• [Required action]: Two lines in the data below mark the range: the one with "reach zero members wanted (i ∷ queue) = none" and the one with "let d = depth_below". Return both, along with every line between them, exactly.

[Stored entries]
********
-- ===== src/Test/Examples.antt =====
-- Runs of sharing test classes out (src/test.rs).
use jrs.Prelude.{
  codes, List, ◌∷◌, [], ◌≡◌, refl, arith, lookup, trim, parse_unsigned, ◌≤◌, Text, split,
}
use jrs.Test.{Times, shares_of, parse_shard, parsed, Shard, select, default_forks, top_level_class}
use jrs.Test.Coverage.{percent}
use jrs.Test.Shares.{occurrences, in_all, shares_of_partition}
use jrs.Test.Shards.{on_machines, select_once, parse_shard_sound}

abbrev suite : List Text
suite = codes "A" ∷ codes "B" ∷ codes "C" ∷ codes "D" ∷ []

abbrev times : Times
times = (codes "A", 10) ∷ (codes "C", 30) ∷ (codes "B", 15) ∷ []

dealt : shares_of suite 2 times ≡ (codes "C" ∷ codes "D" ∷ []) ∷ (codes "A" ∷ codes "B" ∷ []) ∷ []
unfolding shares_of lookup
dealt = refl

second_half : select (record { index = 2; count = 2 }) suite ≡ codes "B" ∷ codes "D" ∷ []
unfolding select shares_of lookup
second_half = refl

forks : default_forks 40 16 ≡ 5
unfolding default_forks
forks = refl

outer_class : top_level_class (codes "a.B$C") ≡ codes "a.B"
unfolding top_level_class split
outer_class = refl

abbrev two_of_four : Shard
two_of_four = record { index = 2; count = 4 }

reads_shard : parse_shard (codes "2 / 4") ≡ parsed two_of_four
unfolding parse_shard trim parse_unsigned
reads_shard = refl

parse_shard_sound_example : (1 ≤ two_of_four.index) × (two_of_four.index ≤ two_of_four.count)
parse_shard_sound_example = parse_shard_sound (codes "2 / 4") two_of_four reads_shard

shares_of_partition_example :
    in_all (codes "B") (shares_of suite 2 times) ≡ occurrences (codes "B") suite
shares_of_partition_example = shares_of_partition suite 2 times (codes "B")

select_once_example : on_machines (codes "B") suite 3 3 ≡ occurrences (codes "B") suite
select_once_example = select_once suite 3 (codes "B") (omega arith)

percents : percent 8000 ≡ codes "80%"
unfolding percent
percents = refl

two_digits : percent 7203 ≡ codes "72.03%"
unfolding percent
two_digits = refl
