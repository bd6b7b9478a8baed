-- ===== src/Workspace.antt =====
-- src/workspace.rs: the members of a workspace, what they depend on, and the order they build in.
-- A member is named by its position.
pub mod Order
pub mod Build
pub mod Upstream
mod Examples
use jrs.Prelude.{
  ℕ, zero, suc, Text, codes, Bool, true, false, not, ◌&&◌, ◌||◌, ◌==◌, nat_eq, list_eq, Option,
  none, some, List, ◌∷◌, [], ◌++◌, map, any, if◌then◌else◌, length, get_elem?, retain, contains,
  ◌+◌, max, lookup, insert, join, foldl,
}
use jrs.Error.{JrsError, Result, ok, err, ◌>>=◌}
use jrs.Resolve.Classpath.{Classpath, compile, provided, runtime, test, classpath_eq, carried}
use jrs.Resolve.Classpath
use jrs.Resolve.Model.{Dependency}

-- A member, with the fields that the operations here read.
pub record Member : Type 0 where
  pub name : Text
  pub dir : Text
  pub modules : List (ℕ × Classpath)

pub record Workspace : Type 0 where
  pub root : Text
  pub members : List Member
  pub order : List ℕ

-- `members[i].modules`; every index that `module_edges` makes is a member's.
abbrev pub modules_of : List Member → ℕ → List (ℕ × Classpath)
modules_of members i = elim (get_elem? members i) [ none ↦ [] | some m ↦ m.modules ]

position_from : ℕ → (Member → Bool) → List Member → Option ℕ
position_from i p [] = none
position_from i p (m ∷ ms) = let rest = position_from (i + 1) p ms in if p m then some i else rest

-- `Workspace::member` and `Workspace::names`.
unfoldable pub member : Workspace → Text → Option ℕ
unfolding position_from
member w name = position_from 0 (λ m. m.name == name) w.members

unfoldable pub names : Workspace → Text
names w = join (codes ", ") (map (λ (m : Member). b'`' ∷ (m.name ++ b'`' ∷ [])) w.members)

no_member : Workspace → Text → JrsError
no_member w name = JrsError.usage (
    codes "there is no member `"
    ++ name
    ++ codes "` in the workspace at "
    ++ w.root
    ++ codes "\n\nits members are "
    ++ names w)

pub select_named : Workspace → List ℕ → List Text → Result (List ℕ)
unfolding no_member
select_named w out [] = ok out
select_named w out (name ∷ rest) = elim (member w name) [
  | none ↦ err (no_member w name)
  | some i ↦ select_named w (if contains out i then out else out ++ i ∷ []) rest
]

-- `Workspace::selected`.
unfoldable pub selected : Workspace → List Text → Option ℕ → Result (List ℕ)
unfolding select_named
selected w [] (some i) = ok (i ∷ [])
selected w [] none = ok w.order
selected w (name ∷ rest) location = select_named w [] (name ∷ rest)

-- The loop of `with_upstream` over one member's modules: what is wanted, and the queue behind it.
pub want : List ℕ × List ℕ → List (ℕ × Classpath) → List ℕ × List ℕ
want s [] = s
want (wanted, queue) ((up, _) ∷ modules) =
    want (if contains wanted up then (wanted, queue) else (up ∷ wanted, queue ++ up ∷ [])) modules

-- The `while` loop, with fuel; `none` means that the fuel ran out.
pub reach : ℕ → List Member → List ℕ → List ℕ → Option (List ℕ)
reach f members wanted [] = some wanted
reach zero members wanted (i ∷ queue) = none
reach (suc f) members wanted (i ∷ queue) =
    let (wanted', queue') = want (wanted, queue) (modules_of members i) in
    reach f members wanted' queue'

abbrev pub in_order : Workspace → Option (List ℕ) → Option (List ℕ)
in_order w none = none
in_order w (some wanted) = some (retain (λ i. contains wanted i) w.order)

unfoldable pub with_upstream : ℕ → Workspace → List ℕ → Option (List ℕ)
unfolding reach want
with_upstream f w members = in_order w (reach f w.members members members)

-- One more than the deepest upstream member that has a depth.
depth_below : List (ℕ × ℕ) → List (ℕ × Classpath) → ℕ
depth_below depth [] = 0
depth_below depth ((up, _) ∷ modules) = elim (lookup up depth) [
  | none ↦ depth_below depth modules
  | some d ↦ max (d + 1) (depth_below depth modules)
]

abbrev or_zero : Option ℕ → ℕ
or_zero none = 0
or_zero (some n) = n

pub widths : List Member → List (ℕ × ℕ) → List (ℕ × ℕ) → List ℕ → List (ℕ × ℕ)
unfolding depth_below
widths members depth width [] = width
widths members depth width (i ∷ rest) =
    let d = depth_below depth (modules_of members i) in
    widths members (insert i d depth) (insert d (or_zero (lookup d width) + 1) width) rest

unfoldable pub widest_level : Workspace → List ℕ → ℕ
unfolding widths
widest_level w members = foldl (λ n (e : ℕ × ℕ). max n e.1) 0 (widths w.members [] [] members)

-- `upstream`: the entry of a member that was reached before, widened.
abbrev pub Reached : Type 0
Reached = List (ℕ × Classpath)

carried_to : Classpath → List (ℕ × Classpath) → List (ℕ × Classpath)
carried_to classpath [] = []
carried_to classpath ((up, edge) ∷ modules) = elim (carried classpath edge) [
  | none ↦ carried_to classpath modules
  | some c ↦ (up, c) ∷ carried_to classpath modules
]

-- The `while` loop of `upstream`, with fuel.
pub upstream_from : ℕ → List Member → ℕ → Reached → List (ℕ × Classpath) → Option Reached
unfolding carried_to
upstream_from f members self reached [] = some reached
upstream_from zero members self reached (q ∷ queue) = none
upstream_from (suc f) members self reached ((i, classpath) ∷ queue) =
    let skipped = upstream_from f members self reached queue in
    let onward = queue ++ carried_to classpath (modules_of members i) in
    let first = upstream_from f members self (reached ++ (i, classpath) ∷ []) onward in
    if i == self then skipped else elim (lookup i reached) [
      | none ↦ first
      | some seen ↦
          let joined = Classpath.join seen classpath in
          let widened = upstream_from f members self (insert i joined reached) onward in
          if joined == seen then skipped else widened
    ]

unfoldable pub upstream : ℕ → Workspace → ℕ → Option Reached
unfolding upstream_from
upstream f w self = upstream_from f w.members self [] (modules_of w.members self)

-- `merge` and `classpath_of`.
unfoldable pub merge : Dependency → Dependency → Dependency
merge into other = record into {
  exclusions =
      retain (λ e. any (λ o. o.group == e.group && o.artifact == e.artifact) other.exclusions)
        into.exclusions;
  compile_only = into.compile_only && other.compile_only;
  runtime_only = into.runtime_only && other.runtime_only;
}

unfoldable pub classpath_of : Dependency → Classpath
classpath_of d = if d.compile_only then provided else if d.runtime_only then runtime else compile

-- The manifest's dependency on another member.
pub record ModuleDependency : Type 0 where
  pub name : Text
  pub path : Text
  pub dev : Bool
  pub compile_only : Bool
  pub runtime_only : Bool

unfoldable pub module_classpath : ModuleDependency → Classpath
module_classpath m =
    if m.dev
    then test
    else if m.compile_only
    then provided
    else if m.runtime_only
    then runtime
    else compile
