-- ===== src/Workspace/Order.antt =====
-- src/workspace.rs, the second half of `build_order`: Kahn's algorithm, taking the earliest declared
-- member that is ready.
pub mod Ready
pub mod Topological
use jrs.Prelude.{
  ℕ, zero, suc, Bool, true, false, not, ◌&&◌, ◌==◌, nat_eq, Option, none, some, List, ◌∷◌, [], ◌++◌,
  all, if◌then◌else◌, length, get_or, set, replicate, ◌+◌,
}
use jrs.Workspace.{Member, modules_of}
use jrs.Resolve.Classpath.{Classpath}

-- What is done, by member.
abbrev pub Done : Type 0
Done = List Bool

abbrev pub ready : List Member → Done → ℕ → Bool
ready members finished i =
    not (get_or finished i false)
    && all (λ (e : ℕ × Classpath). get_or finished e.0 false) (modules_of members i)

-- `(from..from + n).find(ready)`.
pub next_from : List Member → Done → ℕ → ℕ → Option ℕ
next_from members finished from zero = none
next_from members finished from (suc n) =
    let rest = next_from members finished (from + 1) n in
    if ready members finished from then some from else rest

-- `.unwrap_or(0)`.
abbrev pub or_first : Option ℕ → ℕ
or_first none = 0
or_first (some i) = i

unfoldable pub kahn : ℕ → List Member → Done → List ℕ
unfolding next_from
kahn zero members finished = []
kahn (suc left) members finished =
    let next = or_first (next_from members finished 0 (length members)) in
    next ∷ kahn left members (set finished next true)

unfoldable pub order_of : List Member → List ℕ
unfolding kahn
order_of members = kahn (length members) members (replicate (length members) false)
********
• [Response to this task]:
reach zero members wanted (i ∷ queue) = none
reach (suc f) members wanted (i ∷ queue) =
    let (wanted', queue') = want (wanted, queue) (modules_of members i) in
    reach f members wanted' queue'

abbrev pub in_order : Workspace → Option (List ℕ) → Option (List ℕ)
in_order w none = none
in_order w (some wanted) = some (retain (λ i. contains wanted i) w.order)

unfoldable pub with_upstream : ℕ → Workspace → List ℕ → Option (List ℕ)
unfolding reach want
with_upstream f w members = in_order w (reach f w.members members members)

-- One more than the deepest upstream member that has a depth.
depth_below : List (ℕ × ℕ) → List (ℕ × Classpath) → ℕ
depth_below depth [] = 0
depth_below depth ((up, _) ∷ modules) = elim (lookup up depth) [
  | none ↦ depth_below depth modules
  | some d ↦ max (d + 1) (depth_below depth modules)
]

abbrev or_zero : Option ℕ → ℕ
or_zero none = 0
or_zero (some n) = n

pub widths : List Member → List (ℕ × ℕ) → List (ℕ × ℕ) → List ℕ → List (ℕ × ℕ)
unfolding depth_below
widths members depth width [] = width
widths members depth width (i ∷ rest) =
    let d = depth_below depth (modules_of members i) in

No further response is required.